> **Exercise prompt**:
After finding the line that contains "-- ===== src/Pacer/Tests.antt", reproduce it and each line below it through the end of the listing, exactly, with nothing added.

START Material for this exercise

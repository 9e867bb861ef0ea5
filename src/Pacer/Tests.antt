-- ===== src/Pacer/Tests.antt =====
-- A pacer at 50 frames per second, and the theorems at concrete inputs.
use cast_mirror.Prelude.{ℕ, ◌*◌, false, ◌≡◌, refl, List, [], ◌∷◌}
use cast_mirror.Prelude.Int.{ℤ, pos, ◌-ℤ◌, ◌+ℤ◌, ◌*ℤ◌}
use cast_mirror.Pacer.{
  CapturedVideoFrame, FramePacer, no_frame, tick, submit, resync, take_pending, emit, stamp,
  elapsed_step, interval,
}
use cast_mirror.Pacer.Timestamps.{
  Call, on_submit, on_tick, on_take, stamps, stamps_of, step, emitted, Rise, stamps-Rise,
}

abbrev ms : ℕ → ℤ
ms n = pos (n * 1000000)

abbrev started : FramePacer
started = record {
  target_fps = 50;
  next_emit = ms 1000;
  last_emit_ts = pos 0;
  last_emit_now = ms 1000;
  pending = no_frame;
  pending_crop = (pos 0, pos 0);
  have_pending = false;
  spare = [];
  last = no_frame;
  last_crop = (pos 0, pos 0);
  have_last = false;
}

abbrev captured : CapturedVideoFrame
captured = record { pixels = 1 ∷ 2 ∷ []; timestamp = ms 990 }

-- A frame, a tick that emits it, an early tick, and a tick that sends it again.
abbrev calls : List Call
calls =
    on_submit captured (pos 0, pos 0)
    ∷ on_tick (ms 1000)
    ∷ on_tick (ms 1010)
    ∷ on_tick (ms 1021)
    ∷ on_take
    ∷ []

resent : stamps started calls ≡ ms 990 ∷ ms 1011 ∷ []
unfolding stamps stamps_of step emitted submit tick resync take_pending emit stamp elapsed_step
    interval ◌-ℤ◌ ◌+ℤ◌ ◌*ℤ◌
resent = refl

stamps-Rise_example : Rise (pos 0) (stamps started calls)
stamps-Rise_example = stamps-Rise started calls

END Material for this exercise

> **Task result**:
-- ===== src/Pacer/Tests.antt =====
-- A pacer at 50 frames per second, and the theorems at concrete inputs.
use cast_mirror.Prelude.{ℕ, ◌*◌, false, ◌≡◌, refl, List, [], ◌∷◌}
use cast_mirror.Prelude.Int.{ℤ, pos, ◌-ℤ◌, ◌+ℤ◌, ◌*ℤ◌}
use cast_mirror.Pacer.{
  CapturedVideoFrame, FramePacer, no_frame, tick, submit, resync, take_pending, emit, stamp,
  elapsed_step, interval,
}
use cast_mirror.Pacer.Timestamps.{
  Call, on_submit, on_tick, on_take, stamps, stamps_of, step, emitted, Rise, stamps-Rise,
}

abbrev ms : ℕ → ℤ
ms n = pos (n * 1000000)

abbrev started : FramePacer
started = record {
  target_fps = 50;
  next_emit = ms 1000;
  last_emit_ts = pos 0;
  last_emit_now = ms 1000;
  pending = no_frame;
  pending_crop = (pos 0, pos 0);
  have_pending = false;
  spare = [];
  last = no_frame;
  last_crop = (pos 0, pos 0);
  have_last = false;
}

abbrev captured : CapturedVideoFrame
captured = record { pixels = 1 ∷ 2 ∷ []; timestamp = ms 990 }

-- A frame, a tick that emits it, an early tick, and a tick that sends it again.
abbrev calls : List Call
calls =
    on_submit captured (pos 0, pos 0)
    ∷ on_tick (ms 1000)
    ∷ on_tick (ms 1010)
    ∷ on_tick (ms 1021)
    ∷ on_take
    ∷ []

resent : stamps started calls ≡ ms 990 ∷ ms 1011 ∷ []
unfolding stamps stamps_of step emitted submit tick resync take_pending emit stamp elapsed_step
    interval ◌-ℤ◌ ◌+ℤ◌ ◌*ℤ◌
resent = refl

stamps-Rise_example : Rise (pos 0) (stamps started calls)
stamps-Rise_example = stamps-Rise started calls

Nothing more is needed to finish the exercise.